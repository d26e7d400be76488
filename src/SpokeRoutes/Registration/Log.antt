-- ===== src/SpokeRoutes/Registration/Log.antt =====
-- The registration log stays short (app/routers/spokes.py, `_reg_log_append`, `register_spoke`).
use webui_hub.Prelude.{
  ℕ, String, ◌≤◌, ◌+◌, Bool, not, ◌&&◌, Option, none, some, List, [], ◌∷◌, ◌==◌, length, arith, ltb,
  Bool-cases, inl, inr,
}
use webui_hub.Json.{Json, Dict}
use webui_hub.Exec.{Exec}
use webui_hub.Codec.{Codec}
use webui_hub.Crypto.{Fernet, JsonText}
use webui_hub.Hub.{Hub, Frame, Keeps, on_disk, emit, quiet, bind-Keeps, if-Keeps, when-Keeps}
use webui_hub.Models.{Tenant, Spoke, PendingSpoke, Command}
use webui_hub.Store.Spokes.Format.{SpokeFormat, Instants}
use webui_hub.Store.Pending.{PendingFormat}
use webui_hub.Store.Push.{Digest, is_pending}
use webui_hub.SpokeRoutes.Registration.Names.{
  Given, Answer, Request, RegisterPayload, Uuids, reg_log_append, reg_log_max, last_entries,
}
use webui_hub.SpokeRoutes.Registration.Approved.{take_id, check_identity, settle, reregister}
use webui_hub.SpokeRoutes.Registration.Pending.{
  clean_up, is_there, delete_found, approve_by_psk, psk_of, try_psk, is_psk, is_migrating,
}
use webui_hub.SpokeRoutes.Registration.Keeps.{
  ensure_name-Keeps, register_pending-Keeps, reject-Keeps, requested_id-Keeps, resolved_hint-Keeps,
}
use webui_hub.SpokeRoutes.Registration.{register_spoke, register_as, answer_or_wait, request}

length-last_entries : {A : Type 0} (n : ℕ) (xs : List A) → length (last_entries n xs) ≤ n
unfolding last_entries
length-last_entries n [] = omega arith
length-last_entries n (x ∷ xs) = elim (Bool-cases (ltb n (1 + length xs))) [
  | inl e ↦ rw e (length-last_entries n xs)
  | inr e ↦ rw e (ground (arith, e))
]

abbrev bounded : Frame
bounded = record {
  lies = λ g h. length g.registration_log ≤ reg_log_max → length h.registration_log ≤ reg_log_max;
  stays = λ h b. b;
  chains = λ f g h k l b. l (k b);
}

logged :
    (g : Given) (event : String) (entry : Dict Json) → Keeps bounded (reg_log_append g event entry)
unfolding reg_log_append
logged g event entry = record { kept = λ h b. length-last_entries reg_log_max _ }

emitted : (event : Dict Json) → Keeps bounded (emit event)
emitted event = record { kept = λ h b. b }

stored : {A : Type 0} (m : Exec A) → Keeps bounded (on_disk m)
stored m = record { kept = λ h b. b }

module _ ⦃fernet : Fernet⦄ ⦃json : JsonText⦄ ⦃digest : Digest⦄ ⦃format : SpokeFormat⦄
    ⦃times : Instants⦄ ⦃commands : Codec Command⦄ ⦃tenants : Codec Tenant⦄
    ⦃pending : PendingFormat⦄ where
  identity_kept :
      (g : Given) (r : Request) (t : String) (s : Spoke) → Keeps bounded (check_identity g r t s)
  unfolding check_identity
  identity_kept g r t s =
      bind-Keeps _ (when-Keeps _ _ (ensure_name-Keeps _ logged emitted g _ t _ s.id _))
        (λ _. when-Keeps _ _ (bind-Keeps _ (logged g _ _) (λ _. quiet _ _)))

  settled : (g : Given) (t : String) (b : Bool) (s : Spoke) → Keeps bounded (settle g t b s)
  unfolding settle
  settled g t b s =
      bind-Keeps _ (when-Keeps _ b (stored _)) (λ _. when-Keeps _ (is_pending s) (stored _))

  taken : (r : Request) (t : String) (s : Spoke) → Keeps bounded (take_id r t s)
  unfolding take_id
  taken r t s =
      if-Keeps _ (not (r.spoke_id == "") && not (s.id == r.spoke_id))
        (bind-Keeps _ (stored _) (λ _. quiet _ _)) (quiet _ _)

  reregistered :
      (g : Given) (r : Request) (t : String) (s : Spoke) → Keeps bounded (reregister g r t s)
  unfolding reregister
  reregistered g r t s = bind-Keeps _ (taken r t s) (λ u. bind-Keeps _ (identity_kept g r t u) (λ _.
      bind-Keeps _ (stored _)
        (λ v. bind-Keeps _ (settled g t _ v) (λ _. bind-Keeps _ (logged g _ _) (λ _. quiet _ _)))))

  cleaned : (r : Request) → Keeps bounded (clean_up r)
  unfolding clean_up
  cleaned r = bind-Keeps _ (stored _) (λ stale.
      bind-Keeps _ (deleted stale)
        (λ _. when-Keeps _ _ (bind-Keeps _ (stored _) (λ l. when-Keeps _ (is_there l) (stored _)))))
    where
      deleted : (p : Option PendingSpoke) → Keeps bounded (delete_found p)
      deleted none = quiet _ _
      deleted (some p) = stored _

  approved : (g : Given) (r : Request) → Keeps bounded (approve_by_psk g r)
  unfolding approve_by_psk
  approved g r = bind-Keeps _ (ensure_name-Keeps _ logged emitted g _ _ _ _ _) (λ _.
      bind-Keeps _ (stored _) (λ _.
        bind-Keeps _ (cleaned r)
          (λ _. bind-Keeps _ (logged g _ _) (λ _. bind-Keeps _ (emitted _) (λ _. quiet _ _)))))

  psk_used : (g : Given) (r : Request) (t : Option Tenant) → Keeps bounded (psk_of g r t)
  psk_used g r none = reject-Keeps _ logged emitted g r 0
  psk_used g r (some t) = bind-Keeps _ (when-Keeps _ (is_migrating t) (stored _)) (λ _.
      if-Keeps _ (is_psk r.psk t) (bind-Keeps _ (approved g r) (λ _. quiet _ _))
        (reject-Keeps _ logged emitted g r _))

  psk_tried : (g : Given) (r : Request) → Keeps bounded (try_psk g r)
  unfolding try_psk
  psk_tried g r =
      if-Keeps _ (not (r.tenant_hint == "") && (not (r.spoke_name == "") && not (r.psk == "")))
        (bind-Keeps _ (stored _) (psk_used g r)) (quiet _ _)

  waits : (g : Given) (r : Request) (a : Option Answer) → Keeps bounded (answer_or_wait g r a)
  waits g r none = register_pending-Keeps _ logged emitted (λ p. stored _) (λ old new. stored _) g r
  waits g r (some a) = quiet _ _

  registered :
      (g : Given) (r : Request) (found : Option (String × Spoke))
      → Keeps bounded (register_as g r found)
  registered g r none = bind-Keeps _ (psk_tried g r) (waits g r)
  registered g r (some (t, s)) = reregistered g r t s

  register_spoke-Keeps :
      ⦃uuids : Uuids⦄ → (g : Given) (q : RegisterPayload) → Keeps bounded (register_spoke g q)
  unfolding register_spoke
  register_spoke-Keeps g q = bind-Keeps _ (requested_id-Keeps _ logged emitted g q) (λ i.
      bind-Keeps _ (stored _) (λ _.
        bind-Keeps _ (resolved_hint-Keeps _ logged emitted g q)
          (λ t. bind-Keeps _ (stored _) (registered g (request q i t)))))

  -- A registration, however it ends, leaves at most 100 entries in a log of at most 100 entries.
  pub length-register_spoke :
      ⦃uuids : Uuids⦄
      → (g : Given) (q : RegisterPayload) (h : Hub) → length h.registration_log ≤ reg_log_max
      → length (register_spoke g q h).1.registration_log ≤ reg_log_max
  length-register_spoke g q h b = (register_spoke-Keeps g q).kept h b
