-- ===== src/Store.antt =====
-- app/store.py: every persistent record of Hub.
pub mod Users
pub mod Tenants
pub mod Queue
pub mod Usb
pub mod Payload
pub mod Push
pub mod Settings
pub mod Spokes
pub mod Lookup
pub mod Audit
pub mod Pending
pub mod QaKeys
pub mod Macs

* * * *

§ Task item
Working from the material above, retype exactly the lines from the one with "settled g t b" through the one with "unfolding reregister", both included, and only those lines.

§ Task output
  settled g t b s =
      bind-Keeps _ (when-Keeps _ b (stored _)) (λ _. when-Keeps _ (is_pending s) (stored _))

  taken : (r : Request) (t : String) (s : Spoke) → Keeps bounded (take_id r t s)
  unfolding take_id
  taken r t s =
      if-Keeps _ (not (r.spoke_id == "") && not (s.id == r.spoke_id))
        (bind-Keeps _ (stored _) (λ _. quiet _ _)) (quiet _ _)

  reregistered :
      (g : Given) (r : Request) (t : String) (s : Spoke) → Keeps bounded (reregister g r t s)
  unfolding reregister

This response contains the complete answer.